------ THE INPUT ------
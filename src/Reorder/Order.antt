-- ===== src/Reorder/Order.antt =====
-- The order in which the reorder buffer releases packets (discord/ext/native_voice/rtp.py).
use discord_native_voice.Prelude.{
  ℕ, ◌+◌, ◌%◌, ◌≤◌, ◌≡◌, refl, ap, sym, inl, inr, false, none, some, [], length, ℕ-eq, arith,
  Option-cases, Bool-cases,
}
use mathlib.Core.Path.{subst}
use discord_native_voice.Prelude.Int.{ℤ, pos, pos_part, ltb_ℤ, ◌≤ℤ◌}
use discord_native_voice.Prelude.Dict.{
  Dict, get, put, setdefault, setdefault_fresh, setdefault_taken, IsUnique, IsUnique-put, get-put,
  length-put_new,
}
use discord_native_voice.Rtp.{ReceivedVideoPacket, sequence}
use discord_native_voice.Rtp.Sequence.{unwrap_sequence, unwrap_sequence_window}
use discord_native_voice.Reorder.{
  Buffer, pop_loop, pop_ready, store, expected_or, unwrapped, push_at, push,
}
use discord_native_voice.Reorder.Pop.{Window, pop_loop-Popped, pop_loop_nil}
use discord_native_voice.Reorder.Valid.{IsSettled, IsValid, Release, deliver-Release}

-- What storing a packet under its number does to the dictionary.
pub record IsStored (e key : ℕ) (d d' : Dict ℕ ReceivedVideoPacket) : Type 0 where
  pub unique : IsUnique d'
  pub window : Window e d'
  pub grown : length d' ≤ length d + 1
  pub held : (p : ReceivedVideoPacket) × (get key d' ≡ some p)

pub setdefault-IsStored :
    (e key : ℕ) (p : ReceivedVideoPacket) (d : Dict ℕ ReceivedVideoPacket)
    → IsUnique d
    → Window e d
    → e ≤ key
    → key ≤ e + 0x7FFF
    → sequence p ≡ key % 65536
    → IsStored e key d (setdefault key p d)
setdefault-IsStored e key p d u w lo hi seq = elim (Option-cases (get key d)) [
  | inl fresh ↦
      let stored : IsStored e key d (put key p d) = record {
        unique = IsUnique-put key p d u;
        window = λ k q g. ground (arith, get-put key k p d, w k q);
        grown = omega (arith, length-put_new key p d fresh);
        held = (p, ground (arith, get-put key key p d));
      } in
      subst (IsStored e key d) (sym (setdefault_fresh key p d fresh)) stored
  | inr (q, taken) ↦
      let stored : IsStored e key d d = record {
        unique = u;
        window = w;
        grown = omega arith;
        held = (q, taken);
      } in
      subst (IsStored e key d) (sym (setdefault_taken key p q d taken)) stored
]

-- What is not below the expected number, has a natural number for its key.
not_below : (e : ℕ) (key : ℤ) → ltb_ℤ key (pos e) ≡ false → (pos e ≤ℤ key) × (e ≤ pos_part key)
not_below e key h = ground arith

-- From a window above `e`, a push of a packet whose key is known.
push_at-Release :
    (now : ℕ) (p : ReceivedVideoPacket) (b : Buffer) (e : ℕ) (key : ℤ)
    → IsUnique b.packets
    → Window e b.packets
    → get e b.packets ≡ none
    → length b.packets ≤ b.max_packets
    → (pos e ≤ℤ key → (sequence p ≡ pos_part key % 65536) × (pos_part key ≤ e + 0x7FFF))
    → Release now e b (push_at now p b e key)
unfolding push_at store pop_ready
push_at-Release now p b e key u w missing room near = elim (Bool-cases (ltb_ℤ key (pos e))) [
  | inl old ↦ rw old (record {
    start = e;
    from = omega arith;
    upto = omega arith;
    numbered = tt;
    stop = e;
    counted = omega arith;
    settled = record { expects = refl; unique = u; window = w; missing = missing; room = room };
    reason = inl refl;
  })
  | inr new ↦
      let (above, lo) = not_below e key new in
      let (seq, hi) = near above in
      let stored = setdefault-IsStored e (pos_part key) p b.packets u w lo hi seq in
      let d = setdefault (pos_part key) p b.packets in
      let (stop_eq, numbered, unique, window, absent, sizes) =
        pop_loop-Popped (length d) e d stored.unique stored.window (omega arith) in
      rw new (
        deliver-Release now e b (pop_loop (length d) e d).0 _ (pos_part key) stored.held.0
          (record {
            numbered = numbered;
            expects = ap some stop_eq;
            unique = unique;
            window = rw (← stop_eq) window;
            missing = rw (← stop_eq) absent;
            room = omega (arith, sizes, stored.grown);
          })
          (λ nothing. rw (pop_loop_nil (length d) e d nothing) stored.held.1) refl refl refl
          (omega (arith, sizes, stored.grown)))
]

pub in_window :
    (p : ReceivedVideoPacket) (e : ℕ)
    → pos e ≤ℤ unwrap_sequence (sequence p) e
    → (sequence p ≡ pos_part (unwrap_sequence (sequence p) e) % 65536)
      × (pos_part (unwrap_sequence (sequence p) e) ≤ e + 0x7FFF)
unfolding sequence
in_window p e above =
    let (seq, hi) = (unwrap_sequence_window (sequence p) e (omega arith)).0 above in (sym seq, hi)

-- Whatever packet is pushed into a settled buffer that expects `e`, the packets that come out carry
-- consecutive numbers, from `e` on, or, if something comes out and the buffer is full or has been
-- blocked for `max_delay`, from a number up to half a cycle further on. The buffer after it expects
-- the number that follows them and is settled again: every packet that it keeps is there once, under
-- its own number, above the one that is expected, and there are at most `max_packets`.
pub push-Release :
    (now : ℕ) (p : ReceivedVideoPacket) (e : ℕ) (b : Buffer)
    → IsSettled e b
    → Release now e b (push now p b)
unfolding push
push-Release now p e b h =
    subst
      (λ o.
        Release now e b (push_at now p b (expected_or (sequence p) o) (unwrapped (sequence p) o)))
      (sym h.expects)
      (push_at-Release now p b e (unwrap_sequence (sequence p) e) h.unique h.window h.missing h.room
        (in_window p e))

-- The first packet: its own number is the expected one, and it is released at once.
pub push-Release_first :
    (now : ℕ) (p : ReceivedVideoPacket) (b : Buffer)
    → b.expected_sequence ≡ none
    → b.packets ≡ []
    → Release now (sequence p) b (push now p b)
unfolding push get
push-Release_first now p b fresh empty =
    subst
      (λ o.
        Release now (sequence p) b
          (push_at now p b (expected_or (sequence p) o) (unwrapped (sequence p) o)))
      (sym fresh)
      (push_at-Release now p b (sequence p) (pos (sequence p))
        (subst (λ d. IsUnique d) (sym empty) tt)
        (subst (Window (sequence p)) (sym empty) (λ k q g. cc))
        (subst (λ d. get (sequence p) d ≡ none) (sym empty) refl)
        (subst (λ (d : Dict ℕ ReceivedVideoPacket). length d ≤ b.max_packets) (sym empty)
          (omega arith))
        (λ _. unfold sequence in omega arith))

-- A push keeps the buffer well-formed: whatever packet comes, at whatever time, no more than
-- `max_packets` packets are kept, each once and under its own number, in the half cycle above the
-- number that is expected next, which is missing.
pub push-IsValid :
    (now : ℕ) (p : ReceivedVideoPacket) (b : Buffer) → IsValid b → IsValid (push now p b).1
push-IsValid now p b (inl (fresh, empty)) =
    let r = push-Release_first now p b fresh empty in inr (r.stop, r.settled)
push-IsValid now p b (inr (e, h)) = let r = push-Release now p e b h in inr (r.stop, r.settled)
------
TASK PROMPT: Reproduce, word for word and in full, only the lines above that start at the line with "grown = omega arith;" and run through the line with "b.packets ≤ b.max_packets", both ends included.

YOUR SOLUTION:
        grown = omega arith;
        held = (q, taken);
      } in
      subst (IsStored e key d) (sym (setdefault_taken key p q d taken)) stored
]

-- What is not below the expected number, has a natural number for its key.
not_below : (e : ℕ) (key : ℤ) → ltb_ℤ key (pos e) ≡ false → (pos e ≤ℤ key) × (e ≤ pos_part key)
not_below e key h = ground arith

-- From a window above `e`, a push of a packet whose key is known.
push_at-Release :
    (now : ℕ) (p : ReceivedVideoPacket) (b : Buffer) (e : ℕ) (key : ℤ)
    → IsUnique b.packets
    → Window e b.packets
    → get e b.packets ≡ none
    → length b.packets ≤ b.max_packets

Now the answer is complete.